(Recorded data):
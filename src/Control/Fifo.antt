-- ===== src/Control/Fifo.antt =====
-- The queues against a first-in first-out queue with a bound.
use mathlib.Core.List.{append_assoc, append-nil}
use py_coding_agent.Prelude.{
  ℕ, ◌+◌, ◌≤◌, ◌<◌, String, false, Option, none, some, ◌≡◌, refl, arith, List, [], ◌∷◌, ◌++◌,
  length, length-append, Option-cases, ◌⊎◌, inl, inr,
}
use py_coding_agent.Prelude.Text.{is_blank}
use py_coding_agent.Result.{Result, ok, err}
use py_coding_agent.Control.{
  Item, QueueKind, Queue, known_event, push, next_item, enqueue, drain_before_next_request,
  pop_first, dequeue_after_turn_end, ControlError,
}

-- the items are numbered upwards, above `low` and up to `high`
abbrev pub AreNumbered : ℕ → ℕ → List Item → Type 0
AreNumbered low high [] = low ≤ high
AreNumbered low high (x ∷ xs) = (low < x.sequence) × AreNumbered x.sequence high xs

AreNumbered-snoc :
    (low high : ℕ) (xs : List Item) (x : Item)
    → AreNumbered low high xs
    → x.sequence ≡ high + 1
    → AreNumbered low (high + 1) (xs ++ x ∷ [])
AreNumbered-snoc low high [] x h e = omega arith
AreNumbered-snoc low high (y ∷ xs) x h e = (h.0, AreNumbered-snoc y.sequence high xs x h.1 e)

-- an accepted `enqueue` has found a known event, or has pushed a new item
pub enqueue-ok :
    (kind : QueueKind) (q : Queue) (text : String) (event : Option String) (id now : String)
    {item : Item} {q' : Queue}
    → enqueue kind q text event id now ≡ ok (item, q')
    → ((known_event q event ≡ some item) × (q' ≡ q))
      ⊎ ((known_event q event ≡ none)
          × (is_blank text ≡ false)
          × (length q.pending < q.max_pending)
          × (item ≡ next_item q text id now)
          × (q' ≡ push q (next_item q text id now) event))
unfolding enqueue
enqueue-ok kind q text event id now h = elim (Option-cases (known_event q event)) [
  | inl e ↦ ground arith
  | inr (x, e) ↦ ground arith
]

-- A call of one of the queue's methods.
pub data Operation : Type 0 where
  put : String → Option String → String → String → Operation
  drain dequeue : Operation

-- a queue, what has been taken out of it, and what it has accepted as new, in order
pub record History : Type 0 where
  pub queue : Queue
  pub taken : List Item
  pub accepted : List Item

-- a call that finds its client event known adds nothing
abbrev added : Option Item → Item → List Item
added none item = item ∷ []
added (some _) item = []

abbrev as_list : Option Item → List Item
as_list none = []
as_list (some x) = x ∷ []

-- an `enqueue` that raises leaves everything as it was
abbrev pub accept : History → Option String → Result ControlError (Item × Queue) → History
accept h event (err e) = h
accept h event (ok (item, q')) = record h {
  queue = q';
  accepted = h.accepted ++ added (known_event h.queue event) item;
}

unfoldable pub perform : QueueKind → History → Operation → History
perform kind h (put text event id now) = accept h event (enqueue kind h.queue text event id now)
perform kind h drain =
    let (items, q') = drain_before_next_request h.queue in
    record h { queue = q'; taken = h.taken ++ items }
perform kind h dequeue =
    let (item, q') = dequeue_after_turn_end h.queue in
    record h { queue = q'; taken = h.taken ++ as_list item }

unfoldable pub perform_all : QueueKind → History → List Operation → History
perform_all kind h [] = h
perform_all kind h (op ∷ ops) = perform_all kind (perform kind h op) ops

pub record IsFifo (h : History) : Type 0 where
  pub bounded : length h.queue.pending ≤ h.queue.max_pending
  pub in_order : h.taken ++ h.queue.pending ≡ h.accepted
  pub numbered : AreNumbered 0 h.queue.sequence h.accepted
  pub counted : length h.accepted ≡ h.queue.sequence

pushed-IsFifo :
    (h : History) (item : Item) (event : Option String)
    → length h.queue.pending < h.queue.max_pending
    → item.sequence ≡ h.queue.sequence + 1
    → IsFifo h
    → IsFifo (record h { queue = push h.queue item event; accepted = h.accepted ++ item ∷ [] })
unfolding push
pushed-IsFifo h item event room e v = record {
  bounded = omega (arith, length-append {0} h.queue.pending (item ∷ []));
  in_order = rw (← append_assoc h.taken h.queue.pending (item ∷ []), v.in_order) refl;
  numbered = AreNumbered-snoc 0 h.queue.sequence h.accepted item v.numbered e;
  counted = omega (arith, length-append {0} h.accepted (item ∷ []), v.counted);
}

accept-IsFifo :
    (h : History) (event : Option String) (r : Result ControlError (Item × Queue))
    → ((item : Item) (q' : Queue) → r ≡ ok (item, q') → IsFifo (accept h event (ok (item, q'))))
    → IsFifo h
    → IsFifo (accept h event r)
accept-IsFifo h event (err e) k v = v
accept-IsFifo h event (ok (item, q')) k v = k item q' refl

put-IsFifo :
    (kind : QueueKind) (h : History) (text : String) (event : Option String) (id now : String)
    → IsFifo h
    → IsFifo (perform kind h (put text event id now))
unfolding perform
put-IsFifo kind h text event id now v =
    accept-IsFifo h event (enqueue kind h.queue text event id now) step v
  where
    same_queue :
        (item : Item) (q' : Queue)
        → known_event h.queue event ≡ some item
        → q' ≡ h.queue
        → IsFifo (accept h event (ok (item, q')))
    same_queue item q' known same = rw (known, same, append-nil) v

    step :
        (item : Item) (q' : Queue)
        → enqueue kind h.queue text event id now ≡ ok (item, q')
        → IsFifo (accept h event (ok (item, q')))
    step item q' p = elim (enqueue-ok kind h.queue text event id now p) [
      | inl (known, same) ↦ same_queue item q' known same
      | inr (new, _, room, is, same) ↦
          rw (new, same, is) (pushed-IsFifo h (next_item h.queue text id now) event room refl v)
    ]

drain-IsFifo : (kind : QueueKind) (h : History) → IsFifo h → IsFifo (perform kind h drain)
unfolding perform drain_before_next_request
drain-IsFifo kind h v = record {
  bounded = omega arith;
  in_order = rw append-nil v.in_order;
  numbered = v.numbered;
  counted = v.counted;
}

pop_first-append : (xs : List Item) → as_list (pop_first xs).0 ++ (pop_first xs).1 ≡ xs
unfolding pop_first
pop_first-append [] = refl
pop_first-append (x ∷ xs) = refl

length-pop_first : (xs : List Item) → length (pop_first xs).1 ≤ length xs
unfolding pop_first
length-pop_first [] = omega arith
length-pop_first (x ∷ xs) = omega arith

dequeue-IsFifo : (kind : QueueKind) (h : History) → IsFifo h → IsFifo (perform kind h dequeue)
unfolding perform dequeue_after_turn_end
dequeue-IsFifo kind h v = record {
  bounded = omega (arith, length-pop_first h.queue.pending);
  in_order = rw (append_assoc, pop_first-append) v.in_order;
  numbered = v.numbered;
  counted = v.counted;
}

perform-IsFifo :
    (kind : QueueKind) (h : History) (op : Operation) → IsFifo h → IsFifo (perform kind h op)
perform-IsFifo kind h (put text event id now) v = put-IsFifo kind h text event id now v
perform-IsFifo kind h drain v = drain-IsFifo kind h v
perform-IsFifo kind h dequeue v = dequeue-IsFifo kind h v

-- Whatever calls a queue receives, refused ones included: what was taken out followed by what still
-- waits is what was accepted, in the order of acceptance; the accepted items are numbered upwards,
-- one number each and no number skipped; and no more than `max_pending` ever wait.
pub perform_all-IsFifo :
    (kind : QueueKind) (h : History) (ops : List Operation)
    → IsFifo h
    → IsFifo (perform_all kind h ops)
unfolding perform_all
perform_all-IsFifo kind h [] v = v
perform_all-IsFifo kind h (op ∷ ops) v =
    perform_all-IsFifo kind (perform kind h op) ops (perform-IsFifo kind h op v)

(Activity): Where a line in the records above includes the string "sequence", show it.

(Response area):
AreNumbered low high (x ∷ xs) = (low < x.sequence) × AreNumbered x.sequence high xs
    → x.sequence ≡ high + 1
AreNumbered-snoc low high (y ∷ xs) x h e = (h.0, AreNumbered-snoc y.sequence high xs x h.1 e)
  pub numbered : AreNumbered 0 h.queue.sequence h.accepted
  pub counted : length h.accepted ≡ h.queue.sequence
    → item.sequence ≡ h.queue.sequence + 1
  numbered = AreNumbered-snoc 0 h.queue.sequence h.accepted item v.numbered e;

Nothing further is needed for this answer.